Late last year, AMD let us peek behind the curtain at its upcoming Radeon Instinct compute accelerators and Radeon Open Compute platform (ROCm). These accelerators are designed to challenge Nvidia in the fast-growing deep learning and machine intelligence markets. At the time, AMD was a bit coy about the Radeon Instinct MI25, an accelerator based on the highly-anticipated Vega architecture. Now that these cards are close to shipping, AMD opened up about the MI25's tech specs.
Like the MI6 and MI8 compute accelerators we learned about last December, the MI25 is a passively-cooled dual-slot card intended for deep learning and HPC applications. It boasts 64 compute units and 4,096 stream processors, and has 12.3 TFLOPS of FP32 and 24.6 TFLOPS of FP16 peak performance on tap. AMD didn't officially announce the GPU's clock rates, but using the above numbers, a little napkin math puts the highest clock at about 1500 MHz.
That kind of theoretical performance deserves potent memory, and AMD doesn't seem to be cutting corners in that regard. The MI25 will ship with 16GB of HBM2 ECC memory. With its 512-bit memory interface, the MI25 should have 484 GB/s of memory bandwidth on tap. AMD is once again teasing us regarding the card's High Bandwidth Cache Controller (HBCC), apparently wanting to keep details about it under its hat for just a little longer.
The company also touts the MI25's power efficiency. The accelerator's 300W TDP might sound hefty to those used to reading power consumption figures for consumer graphics cards, but power-hungry hardware can still be efficient if it can get things done quickly. Using the MI25's peak FP16 performance to determine per-watt performance, AMD points out that the card ought to outstrip Nvidia's competing Tesla products.

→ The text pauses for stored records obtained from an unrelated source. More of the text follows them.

-- ===== src/App/Persistence.antt =====
-- Where a node that has started persists its messages, and whose tokens it takes.
use yappa_core.Common.{
  some-injective, ◌>>=◌, string_eq, ◌==◌, not, ◌&&◌, ◌||◌, String, Bool, true, false, Option, none,
  some, List, [], ◌∷◌, ◌≡◌, refl, sym, ◌∙◌, ap, subst, if◌then◌else◌, unwrap_or, arith,
}
use yappa_core.Auth.Config.{Jwt}
use yappa_core.Auth.Config
use yappa_core.Kafka.Handle.{Kafka}
use yappa_core.Kafka.Handle
use yappa_core.App.Cors.{build_cors}
use yappa_core.App.Config.{AppConfig, config}
use yappa_core.App.Needs.{config_lem}
use yappa_core.App.Start.{
  Outside, redis_listener, kafka_consumer, direct_persistence_loop, Ran, uses_kafka, open_kafka,
  is_some, migrated, limited, ran, run, main, Signal, to_health, to_ws, to_history, to_groups,
  shutdown_signal, served_until,
}

module _ (outside : Outside) where
  open outside use {jwt, cors, Pool, RedisManager, TenantLimiter, Producer, Consumer}

  -- The node is what a configuration asks for; `signals` says what has come in.
  pub record Follows (cfg : AppConfig) (node : Ran outside) : Type 0 where
    pub kafka : is_some outside (node.state).kafka ≡ uses_kafka outside cfg
    pub tasks :
        node.background
        ≡ redis_listener
          ∷ (if uses_kafka outside cfg
              then kafka_consumer ("messages" ∷ [])
              else direct_persistence_loop)
          ∷ []
    pub flushed : node.notified ≡ (node.served && (node.over && uses_kafka outside cfg))
    pub paths :
        node.router
        ≡ ("/health", to_health)
          ∷ ("/ws", to_ws)
          ∷ ("/api/history/{tenant_id}/{channel_type}/{channel_id}", to_history)
          ∷ ("/api/groups/{tenant_id}", to_groups)
          ∷ []
    pub tokens : (node.state).auth ≡ Config.new jwt cfg.jwt_secret cfg.jwt_issuer cfg.jwt_audience

  abbrev pub is_silent : List Signal → Bool
  is_silent [] = true
  is_silent (signal ∷ signals) = false

  -- A node whose port is bound runs until a signal has come in and no request is open; one whose port is not is
  -- over at once.
  pub record Lasts (cfg : AppConfig) (signals : List Signal) (idle : Bool) (node : Ran outside)
      : Type 0 where
    pub served : node.served ≡ is_some outside (outside.bind cfg.port)
    pub over : node.over ≡ not (node.served && (is_silent signals || not idle))

  -- axum's server with a graceful shutdown returns once the signal's future is done and no request is open.
  abbrev pub Serves : Type 0
  Serves = (b idle : Bool) → outside.serve (some b) idle ≡ some (b && idle)

  over-Lasts :
      Serves
      → (served : Bool) (signals : List Signal) (idle over : Bool)
      → (if served then outside.serve (shutdown_signal true signals) idle else some true)
        ≡ some over
      → over ≡ not (served && (is_silent signals || not idle))
  over-Lasts serves false signals idle over e = sym (some-injective _ _ e)
  over-Lasts serves true [] idle over e = sym (some-injective _ _ (sym (serves false idle) ∙ e))
  over-Lasts serves true (signal ∷ signals) false over e =
      sym (some-injective _ _ (sym (serves true false) ∙ e))
  over-Lasts serves true (signal ∷ signals) true over e =
      sym (some-injective _ _ (sym (serves true true) ∙ e))

  open_kafka-uses :
      (cfg : AppConfig) (kafka : Option (Kafka Producer Consumer))
      → open_kafka outside cfg ≡ some kafka
      → is_some outside kafka ≡ uses_kafka outside cfg
  open_kafka-uses cfg kafka h =
      by_new (uses_kafka outside cfg)
        (Handle.new outside.create_producer outside.create_consumer cfg.kafka_brokers
          "realtime-ws-nodes")
        h
    where
      by_new :
          (b : Bool) (m : Option (Kafka Producer Consumer))
          → (if b then m >>= (λ k. some (some k)) else some none) ≡ some kafka
          → is_some outside kafka ≡ b
      by_new b m e = ground arith

  ran-Follows :
      (cfg : AppConfig) (pool : Pool) (redis : RedisManager × TenantLimiter)
      (kafka : Option (Kafka Producer Consumer)) (layer : cors.CorsLayer) (over : Bool)
      → is_some outside kafka ≡ uses_kafka outside cfg
      → Follows cfg (ran outside cfg pool redis kafka layer over)
  ran-Follows cfg pool redis none layer over h = record {
    kafka = h;
    tasks = rw (sym h) refl;
    flushed = rw (sym h) refl;
    paths = refl;
    tokens = refl;
  }
  ran-Follows cfg pool redis (some k) layer over h = record {
    kafka = h;
    tasks = rw (sym h) refl;
    flushed = rw (sym h) refl;
    paths = refl;
    tokens = refl;
  }

  run-Follows :
      Serves
      → (cfg : AppConfig) (signals : List Signal) (idle : Bool) (node : Ran outside)
      → run outside cfg true signals idle ≡ some node
      → Follows cfg node × Lasts cfg signals idle node
  unfolding run
  run-Follows serves cfg signals idle node h =
      by_parts (migrated outside cfg) (limited outside cfg) (open_kafka outside cfg)
        (build_cors cors cfg.cors_origins) (served_until outside cfg true signals idle) refl refl h
    where
      by_parts :
          (a : Option Pool) (b : Option (RedisManager × TenantLimiter))
          (k : Option (Option (Kafka Producer Consumer))) (l : Option cors.CorsLayer)
          (o : Option Bool)
          → open_kafka outside cfg ≡ k
          → served_until outside cfg true signals idle ≡ o
          → (do
            pool ← a
            redis ← b
            kafka ← k
            layer ← l
            over ← o
            some (ran outside cfg pool redis kafka layer over))
            ≡ some node
          → Follows cfg node × Lasts cfg signals idle node
      by_parts none b k l o e e' h = cc
      by_parts (some pool) none k l o e e' h = cc
      by_parts (some pool) (some redis) none l o e e' h = cc
      by_parts (some pool) (some redis) (some kafka) none o e e' h = cc
      by_parts (some pool) (some redis) (some kafka) (some layer) none e e' h = cc
      by_parts (some pool) (some redis) (some kafka) (some layer) (some over) e e' h =
          subst (λ n. Follows cfg n × Lasts cfg signals idle n) (some-injective _ _ h)
            (
              ran-Follows cfg pool redis kafka layer over (open_kafka-uses cfg kafka e),
              record {
                served = refl;
                over =
                    over-Lasts serves (is_some outside (outside.bind cfg.port)) signals idle over
                      e';
              },
            )

  -- A node that starts uses Kafka exactly if the environment names brokers and sets no persistence mode but
  -- "kafka"; it then runs the consumer of the topic "messages" beside the Redis listener, and tells it to
  -- shut down once it has served and is over, and otherwise runs the empty direct loop. Its router sends /health, /ws,
  -- /api/history/{tenant_id}/{channel_type}/{channel_id} and /api/groups/{tenant_id} to their
  -- handlers. If its SIGTERM handler can be installed, and axum's server returns once the signal's future is done and
  -- no request is open, it serves until a signal has come in and no request is open, and is over at once if its
  -- port cannot be bound. The tokens it takes are those of the configured secret, issuer and audience.
  pub main-Follows :
      Serves
      → (var : String → Option String) (signals : List Signal) (idle : Bool) (node : Ran outside)
      → main outside var true signals idle ≡ some node
      → (cfg : AppConfig) × (config var ≡ some cfg)
        × (uses_kafka outside cfg ≡ (
            unwrap_or (var "PERSISTENCE_MODE") "kafka" == "kafka"
            && not (unwrap_or (var "KAFKA_BROKERS") "" == "")))
        × Follows cfg node
        × Lasts cfg signals idle node
  unfolding main
  main-Follows serves var signals idle node h = by_config (config var) refl h
    where
      by_config :
          (o : Option AppConfig)
          → config var ≡ o
          → (o >>= λ cfg. run outside cfg true signals idle) ≡ some node
          → (cfg : AppConfig) × (config var ≡ some cfg)
            × (uses_kafka outside cfg ≡ (
                unwrap_or (var "PERSISTENCE_MODE") "kafka" == "kafka"
                && not (unwrap_or (var "KAFKA_BROKERS") "" == "")))
            × Follows cfg node
            × Lasts cfg signals idle node
      by_config none e h = cc
      by_config (some cfg) e h =
          let read = ((config_lem var).1 cfg).0 e in
          let (follows, lasts) = run-Follows serves cfg signals idle node h in
          (
            cfg,
            e,
            ap (λ mode. mode == "kafka" && not (cfg.kafka_brokers == "")) read.mode
                ∙ ap
                    (λ brokers.
                      unwrap_or (var "PERSISTENCE_MODE") "kafka" == "kafka" && not (brokers == ""))
                    read.brokers,
            follows,
            lasts,
          )
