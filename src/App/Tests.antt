-- ===== src/App/Tests.antt =====
-- Configurations of one node.
use yappa_core.Common.{
  string_eq, ◌==◌, ne_of_==, String, Bool, ◌&&◌, true, false, Option, none, some, List, [], ◌∷◌,
  ◌≡◌, refl, trim, join, arith, if◌then◌else◌,
}
use yappa_core.Common.{ℕ, parse_unsigned}
use yappa_core.Protocol.{Message}
use yappa_core.Kafka.Handle.{Settings, new, producer_settings, consumer_settings}
use yappa_core.App.Config.{AppConfig, config, configured, u16_size}
use yappa_core.App.Start.{Outside, Ran, terminate, main, run, uses_kafka, ran}
use yappa_core.App.Persistence.{Follows, Lasts, main-Follows}
use yappa_core.App.Cors.{Method, get, Cors, IsDocumented, any_wildcard, build_cors}
use yappa_core.App.Cors.Origins.{done, blank, invalid, origin, Allows, build_cors-Allows}

record Layer : Type 0 where
  origins : List String
  methods : List Method
  headers : List String

abbrev is_star : String → Bool
is_star s = s == "*"

abbrev cors : Cors
cors = record {
  HeaderValue = String;
  try_from = λ s. if s == "x" then none else some s;
  is_wildcard = is_star;
  CorsLayer = Layer;
  new = record { origins = []; methods = []; headers = [] };
  allow_origin = λ l os. if any_wildcard is_star os then none else some (record l { origins = os });
  allow_methods = λ l ms. record l { methods = ms };
  allow_headers = λ l hs. record l { headers = hs };
  origins = λ l. l.origins;
  methods = λ l. l.methods;
  headers = λ l. l.headers;
}

documented : IsDocumented cors
documented = record {
  origins-new = refl;
  wildcard-panics = λ l vs w. rw w refl;
  listed = λ l vs w. (record l { origins = vs }, rw w refl, refl);
  methods-allow_methods = λ l ms. refl;
  origins-allow_methods = λ l ms. refl;
  headers-allow_headers = λ l hs. refl;
  origins-allow_headers = λ l hs. refl;
  methods-allow_headers = λ l hs. refl;
}

build_cors-Allows_example :
    Allows cors documented " a,b ,,x" ("a" ∷ "b" ∷ []) false (build_cors cors " a,b ,,x")
unfolding trim join
build_cors-Allows_example =
    build_cors-Allows cors documented " a" ("b " ∷ "" ∷ "x" ∷ []) ("a" ∷ "b" ∷ [])
      (
        (omega arith, (omega arith, tt)),
        ((omega arith, (omega arith, tt)), (tt, ((omega arith, tt), tt))),
      )
      (origin " a" "a" (ne_of_== (trim " a") "" refl) refl (
        origin "b " "b" (ne_of_== (trim "b ") "" refl) refl
          (blank "" refl (invalid "x" (ne_of_== (trim "x") "" refl) refl done))))

-- An environment with brokers, and neither a mode nor a port.
abbrev var : String → Option String
var name =
    if name == "JWT_SECRET"
    then some "s"
    else (if name == "REDIS_URL"
        then some "r"
        else (if name == "DATABASE_URL"
            then some "d"
            else (if name == "KAFKA_BROKERS" then some "b" else none)))

-- Every library answers, and the state of a client is what it was made of.
abbrev outside : Outside
outside = record {
  Pool = List String;
  connect = λ max url. some (url ∷ []);
  execute = λ sql pool. some (sql ∷ pool);
  Client = String;
  open_client = λ url. some url;
  RedisManager = String;
  new_manager = λ url. some url;
  TenantLimiter = ℕ;
  new_limiter = λ client max. some max;
  Producer = Settings;
  create_producer = λ settings. some settings;
  Consumer = Settings;
  create_consumer = λ settings. some settings;
  jwt = record {
    Algorithm = Unit;
    hs256 = tt;
    DecodingKey = String;
    from_secret = λ s. s;
    new_validation = λ a. record {
      algorithms = a ∷ [];
      required_spec_claims = "exp" ∷ [];
      iss = none;
      aud = none;
      validate_exp = true;
      leeway = 60;
    };
    decode = λ key v now token. none;
  };
  cors = cors;
  S = List Message;
  Listener = ℕ;
  bind = λ port. some port;
  serve = λ o idle. elim o [ none ↦ none | some b ↦ some (b && idle) ];
}

parse_unsigned-port : parse_unsigned u16_size "8080" ≡ some 8080
unfolding parse_unsigned
parse_unsigned-port = refl

parse_unsigned-overflow : parse_unsigned u16_size "65536" ≡ none
unfolding parse_unsigned
parse_unsigned-overflow = refl

abbrev cfg : AppConfig
cfg = configured var "s" "r" "d" 10 8080

abbrev node : Ran outside
node =
    ran outside cfg
      ("migrations/003_create_groups.sql" ∷ "migrations/002_create_api_key.sql"
        ∷ "migrations/001_create_messages.sql" ∷ "d" ∷ [])
      ("r", 10)
      (some (record {
        producer = producer_settings "b";
        consumer = consumer_settings "b" "realtime-ws-nodes";
      }))
      (record { origins = []; methods = get ∷ []; headers = [] }) true

main-Follows_example :
    (c : AppConfig) × (config var ≡ some c)
    × (uses_kafka outside c ≡ true)
    × Follows outside c node
    × Lasts outside c (terminate ∷ []) true node
unfolding main run config parse_unsigned new build_cors
main-Follows_example = main-Follows outside (λ b idle. refl) var (terminate ∷ []) true node refl
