-- ===== src/Auth/Genuine.antt =====
-- What a token must be for `authenticate` to take it.
use yappa_core.Common.{
  string_eq, ℕ, ◌+◌, ◌≤◌, String, Bool, true, Option, none, some, List, [], ◌∷◌, ◌≡◌, refl, sym, ap,
  ◌∙◌, contains, eq_of_==, Any, inl, inr, arith, subst,
}
use yappa_core.Auth.{Identity, Claims, ok, validate_jwt}
use yappa_core.Auth.Config.{Validation, Jwt, new_config, new, authenticate}

-- What jsonwebtoken's documentation says of a token that `decode` takes: it is signed by one of the
-- algorithms, it has not expired by more than the leeway, and an issuer or audience that is set and
-- required is one of those that are set. The leeway is 60 seconds at first.
pub record IsDocumented (jwt : Jwt) (is_signed : jwt.DecodingKey → jwt.Algorithm → String → Bool)
    : Type 0 where
  pub leeway-new : (jwt.new_validation jwt.hs256).leeway ≡ 60
  pub signed :
      (key : jwt.DecodingKey) (v : Validation jwt.Algorithm) (now : ℕ) (token : String)
      (claims : Claims)
      → jwt.decode key v now token ≡ some claims
      → Any (λ algorithm. is_signed key algorithm token ≡ true) v.algorithms
  pub unexpired :
      (key : jwt.DecodingKey) (v : Validation jwt.Algorithm) (now : ℕ) (token : String)
      (claims : Claims)
      → jwt.decode key v now token ≡ some claims
      → v.validate_exp ≡ true
      → now ≤ claims.exp + v.leeway
  pub issued :
      (key : jwt.DecodingKey) (v : Validation jwt.Algorithm) (now : ℕ) (token : String)
      (claims : Claims) (issuers : List String)
      → jwt.decode key v now token ≡ some claims
      → v.iss ≡ some issuers
      → contains "iss" v.required_spec_claims ≡ true
      → (issuer : String) × (claims.iss ≡ some issuer) × (contains issuer issuers ≡ true)
  pub addressed :
      (key : jwt.DecodingKey) (v : Validation jwt.Algorithm) (now : ℕ) (token : String)
      (claims : Claims) (audiences : List String)
      → jwt.decode key v now token ≡ some claims
      → v.aud ≡ some audiences
      → contains "aud" v.required_spec_claims ≡ true
      → (audience : String) × (claims.aud ≡ some audience) × (contains audience audiences ≡ true)

module _ (jwt : Jwt) (is_signed : jwt.DecodingKey → jwt.Algorithm → String → Bool)
    (documented : IsDocumented jwt is_signed) where
  open jwt use {hs256, from_secret}

  -- The claims behind an identity, and what is checked of them.
  pub record Genuine (secret issuer audience : String) (now : ℕ) (token : String)
      (identity : Identity) : Type 0 where
    pub claims : Claims
    pub is_genuine : is_signed (from_secret secret) hs256 token ≡ true
    pub tenant : claims.tenant_id ≡ identity.tenant_id
    pub user : claims.user_id ≡ identity.user_id
    pub issuer_lem : claims.iss ≡ some issuer
    pub audience_lem : claims.aud ≡ some audience
    pub expiry : now ≤ claims.exp + 60

  contains-one : (x y : String) → contains x (y ∷ []) ≡ true → x ≡ y
  contains-one x y h = sym (eq_of_== y x (ground arith))

  Genuine-claims :
      (secret issuer audience : String) (now : ℕ) (token : String) (claims : Claims)
      → jwt.decode
          (from_secret secret)
          ((new_config jwt secret issuer audience).validation)
          now
          token
        ≡ some claims
      → Genuine secret issuer audience now token
          (record { tenant_id = claims.tenant_id; user_id = claims.user_id })
  unfolding new_config
  Genuine-claims secret issuer audience now token claims e =
      let v = (new_config jwt secret issuer audience).validation in
      let key = from_secret secret in
      let (i, named, one) = documented.issued key v now token claims (issuer ∷ []) e refl refl in
      let (a, meant, one') =
        documented.addressed key v now token claims (audience ∷ []) e refl refl in
      record {
        claims = claims;
        is_genuine = by_hs256 (documented.signed key v now token claims e);
        tenant = refl;
        user = refl;
        issuer_lem = named ∙ ap some (contains-one i issuer one);
        audience_lem = meant ∙ ap some (contains-one a audience one');
        expiry =
            subst (λ leeway. now ≤ claims.exp + leeway) documented.leeway-new
              (documented.unexpired key v now token claims e refl);
      }
    where
      by_hs256 :
          Any (λ algorithm. is_signed (from_secret secret) algorithm token ≡ true) (hs256 ∷ [])
          → is_signed (from_secret secret) hs256 token ≡ true
      by_hs256 (inl h) = h
      by_hs256 (inr h) = absurd h

  ok-inj : (i j : Identity) → ok i ≡ ok j → i ≡ j
  ok-inj i j h = cc

  -- A token authenticates an identity only if it is signed with the secret by HS256, has the configured
  -- issuer and the configured audience, has not expired more than 60 seconds ago, and claims this
  -- very tenant and user.
  pub authenticate-Genuine :
      (secret issuer audience : String) (now : ℕ) (token : String) (identity : Identity)
      → authenticate jwt (new jwt secret issuer audience) now token ≡ ok identity
      → Genuine secret issuer audience now token identity
  unfolding authenticate new validate_jwt new_config
  authenticate-Genuine secret issuer audience now token identity h =
      by_claims
        (jwt.decode (from_secret secret) ((new_config jwt secret issuer audience).validation) now
          token)
        refl h
    where
      by_claims :
          (o : Option Claims)
          → jwt.decode
              (from_secret secret)
              ((new_config jwt secret issuer audience).validation)
              now
              token
            ≡ o
          → validate_jwt (λ t. o) token ≡ ok identity
          → Genuine secret issuer audience now token identity
      by_claims none e h = cc
      by_claims (some claims) e h =
          subst (Genuine secret issuer audience now token)
            (ok-inj (record { tenant_id = claims.tenant_id; user_id = claims.user_id }) identity h)
            (Genuine-claims secret issuer audience now token claims e)
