-- ===== src/Auth/Tests.antt =====
-- A server of tokens that knows one token.
use yappa_core.Common.{
  both_of_&&, string_eq, ◌==◌, ℕ, ◌+◌, ◌≤◌, leb, String, Bool, true, false, ◌&&◌, Option, none,
  some, List, [], ◌∷◌, ◌≡◌, refl, contains, Any, inl, inr, if◌then◌else◌, arith, Bool-cases,
}
use yappa_core.Auth.{Claims, validate_jwt}
use yappa_core.Auth.Config.{Validation, Jwt, new, new_config, authenticate}
use yappa_core.Auth.Genuine.{IsDocumented, Genuine, authenticate-Genuine}

abbrev ann_claims : Claims
ann_claims = record { tenant_id = "acme"; user_id = "ann"; exp = 9; iss = some "i"; aud = some "a" }

abbrev admits : Option (List String) → String → Bool
admits none x = true
admits (some xs) x = contains x xs

abbrev has_hs256 : List Bool → Bool
has_hs256 [] = false
has_hs256 (a ∷ algorithms) = if a then true else has_hs256 algorithms

abbrev is_signed : String → Bool → String → Bool
is_signed key algorithm token = algorithm && (key == "s" && token == "t")

abbrev accepts : String → Validation Bool → ℕ → String → Bool
accepts key v now token =
    (key == "s" && token == "t")
    && (has_hs256 v.algorithms
        && (leb now (9 + v.leeway) && (admits v.iss "i" && admits v.aud "a")))

-- `true` stands for HS256.
abbrev jwt : Jwt
jwt = record {
  Algorithm = Bool;
  hs256 = true;
  DecodingKey = String;
  from_secret = λ s. s;
  new_validation = λ a. record {
    algorithms = a ∷ [];
    required_spec_claims = "exp" ∷ [];
    iss = none;
    aud = none;
    validate_exp = true;
    leeway = 60;
  };
  decode = λ key v now token. if accepts key v now token then some ann_claims else none;
}

record Accepted (key : String) (v : Validation Bool) (now : ℕ) (token : String) (claims : Claims)
    : Type 0 where
  named : claims ≡ ann_claims
  key_lem : (key == "s" && token == "t") ≡ true
  algorithm : has_hs256 v.algorithms ≡ true
  time : leb now (9 + v.leeway) ≡ true
  issuer : admits v.iss "i" ≡ true
  audience : admits v.aud "a" ≡ true

accepted :
    (key : String) (v : Validation Bool) (now : ℕ) (token : String) (claims : Claims)
    → jwt.decode key v now token ≡ some claims
    → Accepted key v now token claims
accepted key v now token claims h = elim (Bool-cases (accepts key v now token)) [
  | inl e ↦
      let (k, e₁) = both_of_&& (key == "s" && token == "t") _ e in
      let (a, e₂) = both_of_&& (has_hs256 v.algorithms) _ e₁ in
      let (t, e₃) = both_of_&& (leb now (9 + v.leeway)) _ e₂ in
      let (i, u) = both_of_&& (admits v.iss "i") _ e₃ in
      record {
        named = let h' : some ann_claims ≡ some claims = rw e at h in cc;
        key_lem = k;
        algorithm = a;
        time = t;
        issuer = i;
        audience = u;
      }
  | inr e ↦ absurd (let h' : none ≡ some claims = rw e at h in cc)
]

signed_by :
    (key token : String) (algorithms : List Bool)
    → (key == "s" && token == "t") ≡ true
    → has_hs256 algorithms ≡ true
    → Any (λ algorithm. is_signed key algorithm token ≡ true) algorithms
signed_by key token [] k h = cc
signed_by key token (true ∷ algorithms) k h = inl k
signed_by key token (false ∷ algorithms) k h = inr (signed_by key token algorithms k h)

before : (m n : ℕ) → leb m n ≡ true → m ≤ n
before m n h = ground arith

documented : IsDocumented jwt is_signed
documented = record {
  leeway-new = refl;
  signed = λ key v now token claims h.
      let a = accepted key v now token claims h in
      signed_by key token v.algorithms a.key_lem a.algorithm;
  unexpired = λ key v now token claims h e.
      let a = accepted key v now token claims h in rw a.named (before now (9 + v.leeway) a.time);
  issued = λ key v now token claims issuers h e r.
      let a = accepted key v now token claims h in ("i", rw a.named refl, rw e at a.issuer);
  addressed = λ key v now token claims audiences h e r.
      let a = accepted key v now token claims h in ("a", rw a.named refl, rw e at a.audience);
}

authenticate-Genuine_example :
    Genuine jwt is_signed documented "s" "i" "a" 65 "t"
      (record { tenant_id = "acme"; user_id = "ann" })
unfolding authenticate new validate_jwt new_config
authenticate-Genuine_example =
    authenticate-Genuine jwt is_signed documented "s" "i" "a" 65 "t"
      (record { tenant_id = "acme"; user_id = "ann" }) refl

AMD plans to release the Radeon Instinct compute accelerators in the third quarter of this year. These units aren't likely to show up at the shelves of your local Microcenter, however. Instead, AMD will ship units to hardware partners including Boxx, Colfax, Exxact Corporation, Gigabyte, Inventec, and Supermicro.
There's also software to go along with new hardware. AMD's ROCm platform is evolving at a rapid pace, and the company just announced that version 1.6 is ready for a June 29 rollout. The big news for this release is the inclusion of MIOpen 1.0, AMD's GPU-accelerated deep learning library. MIOpen offers support for multiple frameworks including Caffe, Google's TensorFlow, and Torch.